This page highlights recent examples of large scale exposure of sensitive consumer information through sale of that data, its unintentional publication or abandonment.

It covers -

     ChoicePoint

In 2005 major reference agency ChoicePoint sold the personal financial information of 145,000 people to criminals purporting to be legitimate businesses, a large-scale form of pretexting.

The incident has attracted particular attention because ChoicePoint initially sent notice of breach only to Californians. Following criticism after announcement of its security failure it spent US$11.4 million during the following six months on credit reports and credit monitoring for victims.

A damning report by the US Federal Trade Commission noted that ChoicePoint ignored 'red flags', failed to match statements with action and continued to furnish consumer reports to clients "even after receiving subpoenas from law enforcement authorities between 2001 and 2005 alerting it to fraudulent accounts".

     Wachovia

In 2005 US police charged Orazio Lembo and bank employees working for Wachovia, Bank of America, Commerce Bancorp and PNC Bank with selling customer information to over 40 debt collection agencies, law firms and others. The data included names, account numbers and balances regarding over 500,000 consumers.

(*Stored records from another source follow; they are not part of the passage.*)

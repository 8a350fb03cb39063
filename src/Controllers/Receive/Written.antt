-- ===== src/Controllers/Receive/Written.antt =====
-- The hashring configuration that is written.
use mathlib.Core.Path.{subst}
use thanos_operator.Common.{
  to_nat, ◌≤◌, String, ◌==◌, List, [], ◌∷◌, Option-cases, some, All, insert, ◌≡◌, ◌⊎◌, refl, ◌∙◌,
  inl, inr, Bool-cases,
}
use thanos_operator.Controllers.Reconciling.{Resource}
use thanos_operator.Controllers.Selectors.{router_resource_name}
use thanos_operator.Controllers.Receive.{
  HashringSpec, ReceiveSpec, Outcome, done, not_done, outcome_panics, then_with,
  HashringEnvironment, current_state, fetched_meta, endpoints_of, fetch_ready, policy_of, written,
  build_hashring_config,
}
use thanos_operator.Hashring.Types.{Endpoint, HashringMeta, HashringState, Hashrings}
use thanos_operator.Hashring.Runs.{merge, HasQuorum, IsReplicable, merge-HasQuorum}
use thanos_operator.Manifests.Names.{Naming}

then_with-done :
    {R Q : Type 0} (o : Outcome R) (f : R → Outcome Q) (q : Q)
    → then_with o f ≡ done q
    → (r : R) × (o ≡ done r) × (f r ≡ done q)
unfolding then_with
then_with-done (done r) f q h = (r, refl, h)
then_with-done (not_done e) f q h = cc
then_with-done outcome_panics f q h = cc

module _ {S : Type 0} (env : HashringEnvironment S) (naming : Naming)
    (receiver : Resource ReceiveSpec) (s : S) where
  -- The text stands for the configuration: the empty text for none, and else its JSON.
  abbrev pub StandsFor : String → Hashrings → Type 0
  StandsFor text hashrings = ((text ≡ "") × (hashrings ≡ [])) ⊎ (env.encode hashrings ≡ some text)

  written-StandsFor :
      (hashrings : Hashrings) (text : String)
      → written env naming receiver s hashrings ≡ done text
      → StandsFor text hashrings
  unfolding written
  written-StandsFor [] text h = inl (cc, refl)
  written-StandsFor (x ∷ xs) text h = elim (Option-cases (env.encode (x ∷ xs))) [
    | inl e ↦ cc (rw (e, written) at h)
    | inr (t, e) ↦ inr (e ∙ cc (rw (e, written) at h))
  ]

  -- Every hashring of the resource is meant to have at least as many replicas as the replication
  -- factor.
  abbrev pub HasReplicas : HashringSpec → Type 0
  HasReplicas hashring = to_nat receiver.spec.replication_factor ≤ to_nat hashring.replicas

  insert-IsReplicable :
      (k : String) (v : HashringMeta) (m : HashringState)
      → to_nat receiver.spec.replication_factor ≤ to_nat v.desired_replicas
      → IsReplicable receiver.spec.replication_factor m
      → IsReplicable receiver.spec.replication_factor (insert k v m)
  unfolding insert
  insert-IsReplicable k v [] h r = (h, tt)
  insert-IsReplicable k v ((j, w) ∷ m) h r = elim (Bool-cases (j == k)) [
    | inl e ↦ rw (e, insert) (h, r.1)
    | inr e ↦ rw (e, insert) (r.0, insert-IsReplicable k v m h r.1)
  ]

  fetch_ready-IsReplicable :
      (hashrings : List HashringSpec) (fetched result : HashringState)
      → All HasReplicas hashrings
      → IsReplicable receiver.spec.replication_factor fetched
      → fetch_ready env naming receiver s hashrings fetched ≡ done result
      → IsReplicable receiver.spec.replication_factor result
  unfolding fetch_ready fetched_meta
  fetch_ready-IsReplicable [] fetched result h r e =
      let same : fetched ≡ result = cc in
      subst (IsReplicable receiver.spec.replication_factor) same r
  fetch_ready-IsReplicable (hashring ∷ hashrings) fetched result h r e =
      let (endpoints, found, rest) =
        then_with-done (endpoints_of env naming receiver s hashring)
          (λ (endpoints : List Endpoint).
            fetch_ready env naming receiver s hashrings
              (insert hashring.name (fetched_meta env hashring endpoints) fetched))
          result e in
      fetch_ready-IsReplicable hashrings
        (insert hashring.name (fetched_meta env hashring endpoints) fetched) result h.1
        (insert-IsReplicable hashring.name (fetched_meta env hashring endpoints) fetched h.0 r) rest

  -- What a reconciliation writes stands for the merge, by the policy of the resource, of the
  -- configuration that the ConfigMap held with the observed state; and if every hashring of the resource
  -- has at least as many replicas as the replication factor, and every configured hashring had at least
  -- as many endpoints, then so has every hashring of the written configuration.
  pub build_hashring_config-merge :
      (text : String)
      → build_hashring_config env naming receiver s ≡ done text
      → (current : Hashrings) × (fetched : HashringState) × (current_state env (
            env.get_config_map s receiver.object.namespace
              (router_resource_name naming receiver.object.name))
          ≡ done current)
        × (fetch_ready env naming receiver s receiver.spec.hashrings [] ≡ done fetched)
        × StandsFor text (
            merge
              (policy_of env naming receiver s receiver.spec.hashring_policy)
              current
              fetched
              receiver.spec.replication_factor)
        × (All HasReplicas receiver.spec.hashrings
            → HasQuorum receiver.spec.replication_factor current
            → HasQuorum receiver.spec.replication_factor (
                merge
                  (policy_of env naming receiver s receiver.spec.hashring_policy)
                  current
                  fetched
                  receiver.spec.replication_factor))
  unfolding build_hashring_config
  build_hashring_config-merge text h =
      let (current, read, rest) =
        then_with-done
          (current_state env (
            env.get_config_map s receiver.object.namespace
              (router_resource_name naming receiver.object.name)))
          _ text h in
      let (fetched, got, last) =
        then_with-done (fetch_ready env naming receiver s receiver.spec.hashrings []) _ text rest in
      (
        current,
        fetched,
        read,
        got,
        written-StandsFor _ text last,
        λ enough quorum.
            merge-HasQuorum receiver.spec.replication_factor
              (policy_of env naming receiver s receiver.spec.hashring_policy) current fetched
              (fetch_ready-IsReplicable receiver.spec.hashrings [] fetched enough tt got) quorum,
      )
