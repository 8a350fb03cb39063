-- ===== src/Controllers/Receive/Tests.antt =====
-- The theorem on the hashring configuration at a small receiver.
use thanos_operator.Common.{
  pos, none, some, Bool, true, List, [], ◌∷◌, lookup, collect, sort_by, All, ◌≡◌, refl, insert,
}
use thanos_operator.Controllers.Reconciling.{Resource}
use thanos_operator.Controllers.Receive.{
  ReceiveSpec, HashringEnvironment, config_map, done, then_with, current_state, fetch_ready,
  policy_of, written, build_hashring_config, endpoints_of, listed_endpoints, converter_for,
  fetched_meta, algorithm_for, with_tenancy,
}
use thanos_operator.Controllers.Receive.Written.{
  StandsFor, HasReplicas, build_hashring_config-merge,
}
use thanos_operator.Controllers.Sample.{naming, resource}
use thanos_operator.Controllers.Selectors.{router_resource_name}
use thanos_operator.Handlers.{get_endpoint_slices}
use thanos_operator.Hashring.Endpoints.{
  EndpointSlice, endpoint_slice_list_to_endpoints, gather, apply_filters, convert_all,
  filter_endpoint_ready, ready_endpoints, default_endpoint_converter, service_address, compact,
  compact_after, endpoint_lt, same_endpoint,
}
use thanos_operator.Hashring.Merge.{dynamic_merge, handle_unseen_hashrings, unseen_entry}
use thanos_operator.Hashring.Runs.{merge, HasQuorum}
use thanos_operator.Hashring.Types.{HashringState, Hashrings, is_empty_hashring, meta_to_hashring}

abbrev receiver : Resource ReceiveSpec
receiver = resource (record {
  router_replicas = pos 1;
  replication_factor = pos 1;
  replication_protocol = none;
  hashring_policy = none;
  hashrings =
      record { name = "a"; replicas = pos 1; hashing_algorithm = none; tenancy_config = none } ∷ [];
})

-- One EndpointSlice with one endpoint, which is ready.
abbrev slices : List EndpointSlice
slices =
    record {
      namespace = "ns";
      labels = ("kubernetes.io/service-name", "svc") ∷ [];
      owners = [];
      endpoints = record { hostname = some "host-0"; ready = some true } ∷ [];
    }
    ∷ []

abbrev env : HashringEnvironment Bool
env = record {
  encode = λ hs. some "json";
  decode = λ text. some [];
  get_config_map = λ s namespace name. config_map none;
  list_endpoint_slices = λ s label namespace. some slices;
}

first_text : build_hashring_config env naming receiver true ≡ done "json"
unfolding build_hashring_config then_with current_state fetch_ready policy_of written endpoints_of
    listed_endpoints converter_for fetched_meta algorithm_for with_tenancy get_endpoint_slices
    endpoint_slice_list_to_endpoints gather apply_filters convert_all filter_endpoint_ready
    ready_endpoints default_endpoint_converter service_address compact compact_after endpoint_lt
    same_endpoint merge dynamic_merge handle_unseen_hashrings unseen_entry is_empty_hashring
    meta_to_hashring collect sort_by lookup insert
first_text = refl

build_hashring_config-merge_example :
    (current : Hashrings) × (fetched : HashringState) × (current_state env
        (env.get_config_map true "ns" (router_resource_name naming "q"))
      ≡ done current)
    × (fetch_ready env naming receiver true receiver.spec.hashrings [] ≡ done fetched)
    × StandsFor env naming receiver true "json"
        (merge (policy_of env naming receiver true none) current fetched (pos 1))
    × (All (HasReplicas env naming receiver true) receiver.spec.hashrings
        → HasQuorum (pos 1) current
        → HasQuorum
            (pos 1)
            (merge (policy_of env naming receiver true none) current fetched (pos 1)))
build_hashring_config-merge_example =
    build_hashring_config-merge env naming receiver true "json" first_text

Lembo's gang reportedly operated for over four years, with Lembo pocketing several million dollars. He was also charged with narcotics, forgery and theft counts.

     Gratis

New York attorney general Eliot Spitzer sued Washington-based Gratis Internet for selling email addresses, despite that organisation's promise of confidentiality to consumers, in what is claimed as "the biggest deliberate breach of Internet privacy".

Consumers thought that they were simply registering to see a site. Contrary to a Gratis statement that it "does not ... sell/rent e-mails" it allegedly sold 7 million addresses to three independent marketers, resulting in hundreds of millions of spam messages.

     Call Centres

In 2005 the London Sun illustrated concerns about offshoring call centres by buying information about 1,000 UK customers from a Delhi call centre worker for £4.25 each. The information included bank account details, passwords, addresses, phone numbers and passport details. The worker reportedly indicated that he could provide information on up to 200,000 accounts each month. India's IT & communications minister commented that the government had nothing to do with the "freak incident".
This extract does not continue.